# PROBLEM DESCRIPTION:
Please restate, word for word, the lines below that begin at the one with "unfoldable pub calls_of" and end at the one with "-- Every failure". Leave out all other lines.

# EXCERPTED DATA:
= Beginning of Section =

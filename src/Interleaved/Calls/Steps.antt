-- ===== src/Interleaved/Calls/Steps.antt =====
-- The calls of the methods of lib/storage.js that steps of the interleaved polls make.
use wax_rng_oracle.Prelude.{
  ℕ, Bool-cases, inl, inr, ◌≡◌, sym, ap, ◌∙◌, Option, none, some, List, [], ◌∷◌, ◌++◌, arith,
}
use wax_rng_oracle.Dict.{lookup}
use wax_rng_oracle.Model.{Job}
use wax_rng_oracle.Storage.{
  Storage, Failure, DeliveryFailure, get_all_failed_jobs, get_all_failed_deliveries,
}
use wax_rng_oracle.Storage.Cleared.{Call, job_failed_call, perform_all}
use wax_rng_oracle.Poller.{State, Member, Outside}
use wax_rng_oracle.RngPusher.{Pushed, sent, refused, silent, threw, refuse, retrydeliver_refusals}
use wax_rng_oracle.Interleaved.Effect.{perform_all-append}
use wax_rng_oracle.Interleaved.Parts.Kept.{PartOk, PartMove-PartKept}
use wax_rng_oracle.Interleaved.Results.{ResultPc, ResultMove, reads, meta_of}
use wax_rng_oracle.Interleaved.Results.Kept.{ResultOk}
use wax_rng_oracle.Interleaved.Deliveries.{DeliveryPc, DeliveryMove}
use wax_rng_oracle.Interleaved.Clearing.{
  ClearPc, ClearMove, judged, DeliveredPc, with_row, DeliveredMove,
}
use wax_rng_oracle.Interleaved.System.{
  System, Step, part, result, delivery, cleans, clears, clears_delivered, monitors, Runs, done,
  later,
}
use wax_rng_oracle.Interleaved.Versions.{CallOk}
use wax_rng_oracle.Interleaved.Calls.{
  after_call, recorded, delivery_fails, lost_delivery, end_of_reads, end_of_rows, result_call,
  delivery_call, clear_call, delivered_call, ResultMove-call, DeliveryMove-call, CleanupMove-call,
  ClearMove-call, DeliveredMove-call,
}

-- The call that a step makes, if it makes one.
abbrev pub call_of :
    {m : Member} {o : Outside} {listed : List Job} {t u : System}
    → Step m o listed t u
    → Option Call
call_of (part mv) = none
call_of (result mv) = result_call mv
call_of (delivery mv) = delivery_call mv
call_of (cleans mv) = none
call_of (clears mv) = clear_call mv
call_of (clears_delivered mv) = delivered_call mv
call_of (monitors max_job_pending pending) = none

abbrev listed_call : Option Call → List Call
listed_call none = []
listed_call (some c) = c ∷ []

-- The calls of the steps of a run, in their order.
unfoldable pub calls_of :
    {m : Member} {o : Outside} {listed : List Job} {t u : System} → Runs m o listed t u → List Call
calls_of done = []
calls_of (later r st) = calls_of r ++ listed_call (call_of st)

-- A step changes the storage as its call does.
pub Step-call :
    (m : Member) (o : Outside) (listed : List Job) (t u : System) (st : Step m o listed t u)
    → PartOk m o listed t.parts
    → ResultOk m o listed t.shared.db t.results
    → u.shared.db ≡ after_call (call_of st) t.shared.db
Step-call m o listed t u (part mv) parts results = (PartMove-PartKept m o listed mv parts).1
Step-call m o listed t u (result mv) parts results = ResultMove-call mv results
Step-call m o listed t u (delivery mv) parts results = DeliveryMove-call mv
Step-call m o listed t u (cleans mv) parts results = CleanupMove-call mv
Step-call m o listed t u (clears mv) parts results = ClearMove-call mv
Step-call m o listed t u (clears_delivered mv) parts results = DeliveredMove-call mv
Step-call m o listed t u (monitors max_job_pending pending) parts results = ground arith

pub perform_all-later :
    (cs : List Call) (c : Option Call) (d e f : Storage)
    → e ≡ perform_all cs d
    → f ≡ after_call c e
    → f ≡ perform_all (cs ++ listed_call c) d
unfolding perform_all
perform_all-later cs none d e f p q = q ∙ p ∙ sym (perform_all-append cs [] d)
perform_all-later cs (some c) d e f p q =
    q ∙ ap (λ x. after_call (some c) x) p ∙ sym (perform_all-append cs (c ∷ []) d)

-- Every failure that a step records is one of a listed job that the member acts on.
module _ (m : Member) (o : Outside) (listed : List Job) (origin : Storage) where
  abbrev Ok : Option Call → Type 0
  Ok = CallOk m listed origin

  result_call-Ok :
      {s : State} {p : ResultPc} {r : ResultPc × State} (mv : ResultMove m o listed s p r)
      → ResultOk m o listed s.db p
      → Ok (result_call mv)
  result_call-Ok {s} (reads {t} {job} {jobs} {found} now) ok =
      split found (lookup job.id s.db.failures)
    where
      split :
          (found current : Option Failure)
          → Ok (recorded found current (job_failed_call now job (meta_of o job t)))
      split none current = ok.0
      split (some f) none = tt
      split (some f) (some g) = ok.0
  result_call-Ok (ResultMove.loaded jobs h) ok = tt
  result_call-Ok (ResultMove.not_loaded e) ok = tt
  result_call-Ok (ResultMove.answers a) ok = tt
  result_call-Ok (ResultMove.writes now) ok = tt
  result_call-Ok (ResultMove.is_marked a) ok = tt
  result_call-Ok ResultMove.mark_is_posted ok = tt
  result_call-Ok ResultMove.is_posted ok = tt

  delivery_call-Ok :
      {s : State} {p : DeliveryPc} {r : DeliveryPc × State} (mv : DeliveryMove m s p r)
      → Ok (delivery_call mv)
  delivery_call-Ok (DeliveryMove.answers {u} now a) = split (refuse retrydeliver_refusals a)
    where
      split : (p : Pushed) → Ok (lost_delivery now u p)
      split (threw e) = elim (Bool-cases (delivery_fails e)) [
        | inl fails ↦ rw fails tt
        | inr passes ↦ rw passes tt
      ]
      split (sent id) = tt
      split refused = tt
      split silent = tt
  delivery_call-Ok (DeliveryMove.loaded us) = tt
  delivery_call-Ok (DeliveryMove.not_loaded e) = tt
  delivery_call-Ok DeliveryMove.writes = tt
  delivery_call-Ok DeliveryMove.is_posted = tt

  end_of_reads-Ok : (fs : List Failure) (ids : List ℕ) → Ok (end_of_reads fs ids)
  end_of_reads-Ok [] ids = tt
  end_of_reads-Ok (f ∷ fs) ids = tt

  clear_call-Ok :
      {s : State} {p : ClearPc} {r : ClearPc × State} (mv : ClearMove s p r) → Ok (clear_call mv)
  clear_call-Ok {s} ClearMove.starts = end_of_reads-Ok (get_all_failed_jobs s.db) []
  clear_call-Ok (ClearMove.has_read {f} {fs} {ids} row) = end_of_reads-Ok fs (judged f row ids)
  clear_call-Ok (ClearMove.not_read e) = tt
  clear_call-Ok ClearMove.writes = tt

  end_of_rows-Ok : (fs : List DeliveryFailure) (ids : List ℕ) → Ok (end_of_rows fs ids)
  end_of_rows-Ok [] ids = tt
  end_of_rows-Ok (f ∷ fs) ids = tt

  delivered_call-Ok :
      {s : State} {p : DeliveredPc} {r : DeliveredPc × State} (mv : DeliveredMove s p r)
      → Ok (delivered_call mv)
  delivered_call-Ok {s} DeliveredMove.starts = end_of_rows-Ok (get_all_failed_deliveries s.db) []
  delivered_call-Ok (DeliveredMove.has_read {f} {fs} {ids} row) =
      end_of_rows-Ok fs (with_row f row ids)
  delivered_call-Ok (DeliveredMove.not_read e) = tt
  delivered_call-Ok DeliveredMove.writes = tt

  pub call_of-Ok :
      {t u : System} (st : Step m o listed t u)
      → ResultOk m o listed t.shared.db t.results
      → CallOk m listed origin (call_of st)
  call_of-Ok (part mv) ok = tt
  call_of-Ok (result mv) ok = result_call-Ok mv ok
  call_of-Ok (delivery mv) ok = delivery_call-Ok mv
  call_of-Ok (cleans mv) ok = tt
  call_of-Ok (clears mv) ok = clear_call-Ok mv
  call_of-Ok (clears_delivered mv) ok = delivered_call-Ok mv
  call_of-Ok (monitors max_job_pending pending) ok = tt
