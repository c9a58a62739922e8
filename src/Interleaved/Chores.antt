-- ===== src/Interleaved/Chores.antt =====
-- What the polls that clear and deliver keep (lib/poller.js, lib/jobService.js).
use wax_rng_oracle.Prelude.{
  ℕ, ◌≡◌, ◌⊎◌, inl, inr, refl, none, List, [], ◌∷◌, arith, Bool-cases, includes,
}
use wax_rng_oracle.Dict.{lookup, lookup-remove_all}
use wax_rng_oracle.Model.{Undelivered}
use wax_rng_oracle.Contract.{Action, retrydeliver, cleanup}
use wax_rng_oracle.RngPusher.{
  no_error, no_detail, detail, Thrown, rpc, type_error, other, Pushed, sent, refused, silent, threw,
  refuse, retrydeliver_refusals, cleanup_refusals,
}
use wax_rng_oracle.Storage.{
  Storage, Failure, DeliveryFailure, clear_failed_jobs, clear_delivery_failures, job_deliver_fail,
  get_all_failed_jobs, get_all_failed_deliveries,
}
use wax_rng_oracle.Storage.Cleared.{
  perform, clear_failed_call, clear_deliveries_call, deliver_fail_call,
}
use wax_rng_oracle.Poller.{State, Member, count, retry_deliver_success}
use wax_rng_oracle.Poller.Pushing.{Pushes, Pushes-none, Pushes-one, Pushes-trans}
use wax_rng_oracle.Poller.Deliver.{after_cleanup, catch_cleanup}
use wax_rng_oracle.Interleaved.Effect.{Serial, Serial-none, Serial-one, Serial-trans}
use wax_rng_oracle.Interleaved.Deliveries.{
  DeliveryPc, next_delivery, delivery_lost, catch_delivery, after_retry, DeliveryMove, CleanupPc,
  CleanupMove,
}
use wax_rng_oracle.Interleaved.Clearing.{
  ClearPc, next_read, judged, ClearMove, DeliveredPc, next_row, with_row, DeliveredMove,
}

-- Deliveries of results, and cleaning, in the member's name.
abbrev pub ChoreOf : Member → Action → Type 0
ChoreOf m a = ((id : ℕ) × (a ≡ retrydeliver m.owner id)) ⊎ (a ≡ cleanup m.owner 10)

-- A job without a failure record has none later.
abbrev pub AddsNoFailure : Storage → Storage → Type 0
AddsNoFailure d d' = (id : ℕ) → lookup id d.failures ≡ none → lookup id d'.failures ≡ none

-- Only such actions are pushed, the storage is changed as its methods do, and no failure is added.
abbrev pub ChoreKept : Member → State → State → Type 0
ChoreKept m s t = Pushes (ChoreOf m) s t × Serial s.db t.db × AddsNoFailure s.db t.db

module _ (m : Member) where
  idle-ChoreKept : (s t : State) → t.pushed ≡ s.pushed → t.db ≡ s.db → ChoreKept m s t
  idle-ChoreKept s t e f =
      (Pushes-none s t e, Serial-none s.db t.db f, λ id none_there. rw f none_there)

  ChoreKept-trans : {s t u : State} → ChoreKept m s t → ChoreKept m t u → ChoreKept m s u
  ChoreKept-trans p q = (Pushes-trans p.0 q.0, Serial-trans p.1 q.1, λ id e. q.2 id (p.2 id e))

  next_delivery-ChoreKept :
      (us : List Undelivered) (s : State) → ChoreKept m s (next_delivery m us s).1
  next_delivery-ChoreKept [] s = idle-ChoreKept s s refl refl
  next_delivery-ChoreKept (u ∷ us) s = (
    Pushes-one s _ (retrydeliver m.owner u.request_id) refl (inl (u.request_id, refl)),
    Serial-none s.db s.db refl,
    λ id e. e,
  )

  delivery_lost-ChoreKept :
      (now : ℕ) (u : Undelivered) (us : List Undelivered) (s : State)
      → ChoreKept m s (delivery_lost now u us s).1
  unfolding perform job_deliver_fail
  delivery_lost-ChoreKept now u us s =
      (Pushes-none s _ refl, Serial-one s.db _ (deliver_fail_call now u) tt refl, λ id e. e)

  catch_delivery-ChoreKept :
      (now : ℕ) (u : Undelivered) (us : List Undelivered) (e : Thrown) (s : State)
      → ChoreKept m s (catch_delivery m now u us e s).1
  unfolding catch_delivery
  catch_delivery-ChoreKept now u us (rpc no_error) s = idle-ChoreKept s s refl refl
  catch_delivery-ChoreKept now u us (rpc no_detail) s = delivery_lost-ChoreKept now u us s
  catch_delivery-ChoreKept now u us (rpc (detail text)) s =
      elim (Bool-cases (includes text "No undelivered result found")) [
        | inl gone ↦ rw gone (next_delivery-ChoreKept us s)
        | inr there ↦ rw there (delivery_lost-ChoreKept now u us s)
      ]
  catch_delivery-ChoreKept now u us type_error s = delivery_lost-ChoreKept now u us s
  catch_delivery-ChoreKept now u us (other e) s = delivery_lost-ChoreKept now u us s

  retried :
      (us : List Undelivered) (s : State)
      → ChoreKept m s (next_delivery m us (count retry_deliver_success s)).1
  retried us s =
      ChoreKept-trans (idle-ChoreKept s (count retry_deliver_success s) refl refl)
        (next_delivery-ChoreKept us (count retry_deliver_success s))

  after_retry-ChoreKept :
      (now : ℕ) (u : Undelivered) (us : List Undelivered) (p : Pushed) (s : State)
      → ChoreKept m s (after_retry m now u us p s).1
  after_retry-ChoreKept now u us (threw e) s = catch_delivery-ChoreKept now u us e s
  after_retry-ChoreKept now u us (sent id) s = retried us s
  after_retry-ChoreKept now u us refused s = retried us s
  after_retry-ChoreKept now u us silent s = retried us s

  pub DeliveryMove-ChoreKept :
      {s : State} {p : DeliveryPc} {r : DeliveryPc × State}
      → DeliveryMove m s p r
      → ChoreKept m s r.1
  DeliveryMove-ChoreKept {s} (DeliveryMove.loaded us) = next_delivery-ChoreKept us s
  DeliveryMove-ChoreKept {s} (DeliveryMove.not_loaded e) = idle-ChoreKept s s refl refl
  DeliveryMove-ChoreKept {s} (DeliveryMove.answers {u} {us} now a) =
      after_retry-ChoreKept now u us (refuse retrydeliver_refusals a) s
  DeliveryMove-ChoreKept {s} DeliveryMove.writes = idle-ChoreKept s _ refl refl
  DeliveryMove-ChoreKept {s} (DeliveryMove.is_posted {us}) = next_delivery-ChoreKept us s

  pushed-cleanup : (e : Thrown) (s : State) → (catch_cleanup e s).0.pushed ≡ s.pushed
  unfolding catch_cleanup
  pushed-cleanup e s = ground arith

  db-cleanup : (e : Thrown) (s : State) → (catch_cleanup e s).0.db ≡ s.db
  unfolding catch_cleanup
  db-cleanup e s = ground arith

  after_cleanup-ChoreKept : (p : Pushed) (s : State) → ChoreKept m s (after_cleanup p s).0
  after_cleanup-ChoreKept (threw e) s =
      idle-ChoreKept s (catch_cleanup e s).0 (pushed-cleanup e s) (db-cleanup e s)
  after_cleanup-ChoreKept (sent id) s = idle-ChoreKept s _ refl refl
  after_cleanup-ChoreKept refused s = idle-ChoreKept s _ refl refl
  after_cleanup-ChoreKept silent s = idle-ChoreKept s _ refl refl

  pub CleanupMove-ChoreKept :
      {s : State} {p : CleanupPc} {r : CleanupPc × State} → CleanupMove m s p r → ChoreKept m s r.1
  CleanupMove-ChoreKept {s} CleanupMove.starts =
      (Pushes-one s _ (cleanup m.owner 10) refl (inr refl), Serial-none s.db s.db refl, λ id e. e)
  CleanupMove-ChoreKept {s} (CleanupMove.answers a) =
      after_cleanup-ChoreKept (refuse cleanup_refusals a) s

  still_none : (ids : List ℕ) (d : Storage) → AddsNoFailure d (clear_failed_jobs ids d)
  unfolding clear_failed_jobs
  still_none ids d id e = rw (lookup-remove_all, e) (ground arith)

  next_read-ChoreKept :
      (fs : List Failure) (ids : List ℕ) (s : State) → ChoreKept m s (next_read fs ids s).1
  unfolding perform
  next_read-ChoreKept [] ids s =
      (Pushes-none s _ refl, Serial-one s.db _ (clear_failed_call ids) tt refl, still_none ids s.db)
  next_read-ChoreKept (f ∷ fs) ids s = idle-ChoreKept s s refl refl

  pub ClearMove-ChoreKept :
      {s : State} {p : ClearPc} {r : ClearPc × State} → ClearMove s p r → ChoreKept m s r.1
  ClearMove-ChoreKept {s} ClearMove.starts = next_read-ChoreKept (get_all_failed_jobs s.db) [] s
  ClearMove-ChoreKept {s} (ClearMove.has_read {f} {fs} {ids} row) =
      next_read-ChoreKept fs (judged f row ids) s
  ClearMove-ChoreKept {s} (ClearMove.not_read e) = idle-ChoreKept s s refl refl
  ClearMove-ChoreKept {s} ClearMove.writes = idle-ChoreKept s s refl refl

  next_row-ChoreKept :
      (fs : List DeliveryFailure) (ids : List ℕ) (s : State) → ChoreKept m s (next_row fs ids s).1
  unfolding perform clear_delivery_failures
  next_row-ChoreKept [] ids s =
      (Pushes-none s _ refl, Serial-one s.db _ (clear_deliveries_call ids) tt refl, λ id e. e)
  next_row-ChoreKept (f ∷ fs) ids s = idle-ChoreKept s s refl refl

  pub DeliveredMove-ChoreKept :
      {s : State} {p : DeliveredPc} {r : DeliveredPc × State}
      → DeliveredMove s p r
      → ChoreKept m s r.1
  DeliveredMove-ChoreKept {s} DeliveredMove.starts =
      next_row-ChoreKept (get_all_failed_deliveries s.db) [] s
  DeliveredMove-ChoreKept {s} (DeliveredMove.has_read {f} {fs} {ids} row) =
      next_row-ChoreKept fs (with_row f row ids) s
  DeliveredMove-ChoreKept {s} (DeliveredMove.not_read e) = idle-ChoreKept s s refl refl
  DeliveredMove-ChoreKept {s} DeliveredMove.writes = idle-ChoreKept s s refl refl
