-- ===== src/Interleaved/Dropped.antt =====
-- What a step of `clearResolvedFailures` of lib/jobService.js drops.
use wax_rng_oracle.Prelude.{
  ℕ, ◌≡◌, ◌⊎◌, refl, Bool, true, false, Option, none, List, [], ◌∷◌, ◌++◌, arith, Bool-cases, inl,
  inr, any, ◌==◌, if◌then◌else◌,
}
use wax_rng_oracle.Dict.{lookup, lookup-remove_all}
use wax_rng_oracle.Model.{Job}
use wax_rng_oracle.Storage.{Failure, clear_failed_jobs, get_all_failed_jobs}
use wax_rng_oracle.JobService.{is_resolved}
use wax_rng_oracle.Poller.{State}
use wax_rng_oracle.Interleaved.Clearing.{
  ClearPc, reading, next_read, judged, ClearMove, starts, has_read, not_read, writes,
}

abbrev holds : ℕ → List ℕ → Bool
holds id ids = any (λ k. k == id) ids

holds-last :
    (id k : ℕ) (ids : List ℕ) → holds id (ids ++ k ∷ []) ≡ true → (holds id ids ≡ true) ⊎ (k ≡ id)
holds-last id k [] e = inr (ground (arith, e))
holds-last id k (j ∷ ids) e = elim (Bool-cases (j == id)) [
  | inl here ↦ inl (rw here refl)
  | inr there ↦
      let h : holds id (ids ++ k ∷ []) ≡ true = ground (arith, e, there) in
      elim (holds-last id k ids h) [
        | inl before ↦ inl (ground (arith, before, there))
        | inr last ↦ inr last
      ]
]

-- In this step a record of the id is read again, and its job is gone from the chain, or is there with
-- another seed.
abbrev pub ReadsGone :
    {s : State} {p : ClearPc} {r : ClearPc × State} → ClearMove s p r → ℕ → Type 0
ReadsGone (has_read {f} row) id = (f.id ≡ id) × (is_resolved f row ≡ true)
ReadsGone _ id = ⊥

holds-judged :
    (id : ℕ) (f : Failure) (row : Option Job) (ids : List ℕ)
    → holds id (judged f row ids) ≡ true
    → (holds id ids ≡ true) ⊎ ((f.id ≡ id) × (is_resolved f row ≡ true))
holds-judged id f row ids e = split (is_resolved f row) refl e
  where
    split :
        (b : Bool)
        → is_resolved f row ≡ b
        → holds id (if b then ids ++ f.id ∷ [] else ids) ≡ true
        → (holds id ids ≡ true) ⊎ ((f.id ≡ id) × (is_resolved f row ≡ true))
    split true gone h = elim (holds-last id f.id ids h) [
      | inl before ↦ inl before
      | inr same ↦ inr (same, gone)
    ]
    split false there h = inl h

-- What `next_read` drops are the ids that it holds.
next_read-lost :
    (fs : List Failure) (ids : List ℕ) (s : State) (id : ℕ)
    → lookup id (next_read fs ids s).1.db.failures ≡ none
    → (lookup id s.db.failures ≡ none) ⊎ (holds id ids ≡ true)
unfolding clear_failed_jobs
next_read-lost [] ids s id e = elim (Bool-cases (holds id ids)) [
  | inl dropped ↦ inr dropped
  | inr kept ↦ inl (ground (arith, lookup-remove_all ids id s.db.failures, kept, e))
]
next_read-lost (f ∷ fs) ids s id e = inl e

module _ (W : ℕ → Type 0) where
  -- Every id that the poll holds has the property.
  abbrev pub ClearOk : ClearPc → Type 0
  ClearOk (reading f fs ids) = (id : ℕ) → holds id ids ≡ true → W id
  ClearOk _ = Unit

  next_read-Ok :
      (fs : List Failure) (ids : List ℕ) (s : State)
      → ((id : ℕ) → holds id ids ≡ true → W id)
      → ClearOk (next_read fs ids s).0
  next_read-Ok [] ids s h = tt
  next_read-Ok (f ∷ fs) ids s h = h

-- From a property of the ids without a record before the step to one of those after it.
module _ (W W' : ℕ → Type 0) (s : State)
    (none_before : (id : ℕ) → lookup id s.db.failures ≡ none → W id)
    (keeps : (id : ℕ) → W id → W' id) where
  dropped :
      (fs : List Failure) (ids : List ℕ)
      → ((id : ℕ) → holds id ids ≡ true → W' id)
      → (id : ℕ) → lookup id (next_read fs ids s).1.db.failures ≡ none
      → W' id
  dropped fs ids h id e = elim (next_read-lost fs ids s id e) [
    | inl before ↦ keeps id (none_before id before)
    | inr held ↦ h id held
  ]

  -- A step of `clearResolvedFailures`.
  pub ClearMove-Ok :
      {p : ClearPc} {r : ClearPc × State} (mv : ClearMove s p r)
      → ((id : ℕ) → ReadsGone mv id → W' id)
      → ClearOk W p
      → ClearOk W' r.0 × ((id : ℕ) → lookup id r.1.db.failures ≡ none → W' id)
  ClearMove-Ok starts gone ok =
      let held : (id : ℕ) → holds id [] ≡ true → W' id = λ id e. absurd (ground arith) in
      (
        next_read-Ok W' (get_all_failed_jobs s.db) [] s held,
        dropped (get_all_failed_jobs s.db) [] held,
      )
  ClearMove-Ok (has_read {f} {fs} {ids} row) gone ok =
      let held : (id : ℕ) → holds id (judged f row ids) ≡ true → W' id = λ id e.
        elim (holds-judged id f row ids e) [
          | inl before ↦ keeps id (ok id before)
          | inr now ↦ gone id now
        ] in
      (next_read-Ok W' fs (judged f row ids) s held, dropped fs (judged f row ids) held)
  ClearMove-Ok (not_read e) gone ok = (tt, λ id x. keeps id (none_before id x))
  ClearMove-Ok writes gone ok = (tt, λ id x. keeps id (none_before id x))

= End of Section =

# REPLY:
unfoldable pub calls_of :
    {m : Member} {o : Outside} {listed : List Job} {t u : System} → Runs m o listed t u → List Call
calls_of done = []
calls_of (later r st) = calls_of r ++ listed_call (call_of st)

-- A step changes the storage as its call does.
pub Step-call :
    (m : Member) (o : Outside) (listed : List Job) (t u : System) (st : Step m o listed t u)
    → PartOk m o listed t.parts
    → ResultOk m o listed t.shared.db t.results
    → u.shared.db ≡ after_call (call_of st) t.shared.db
Step-call m o listed t u (part mv) parts results = (PartMove-PartKept m o listed mv parts).1
Step-call m o listed t u (result mv) parts results = ResultMove-call mv results
Step-call m o listed t u (delivery mv) parts results = DeliveryMove-call mv
Step-call m o listed t u (cleans mv) parts results = CleanupMove-call mv
Step-call m o listed t u (clears mv) parts results = ClearMove-call mv
Step-call m o listed t u (clears_delivered mv) parts results = DeliveredMove-call mv
Step-call m o listed t u (monitors max_job_pending pending) parts results = ground arith

pub perform_all-later :
    (cs : List Call) (c : Option Call) (d e f : Storage)
    → e ≡ perform_all cs d
    → f ≡ after_call c e
    → f ≡ perform_all (cs ++ listed_call c) d
unfolding perform_all
perform_all-later cs none d e f p q = q ∙ p ∙ sym (perform_all-append cs [] d)
perform_all-later cs (some c) d e f p q =
    q ∙ ap (λ x. after_call (some c) x) p ∙ sym (perform_all-append cs (c ∷ []) d)

-- Every failure that a step records is one of a listed job that the member acts on.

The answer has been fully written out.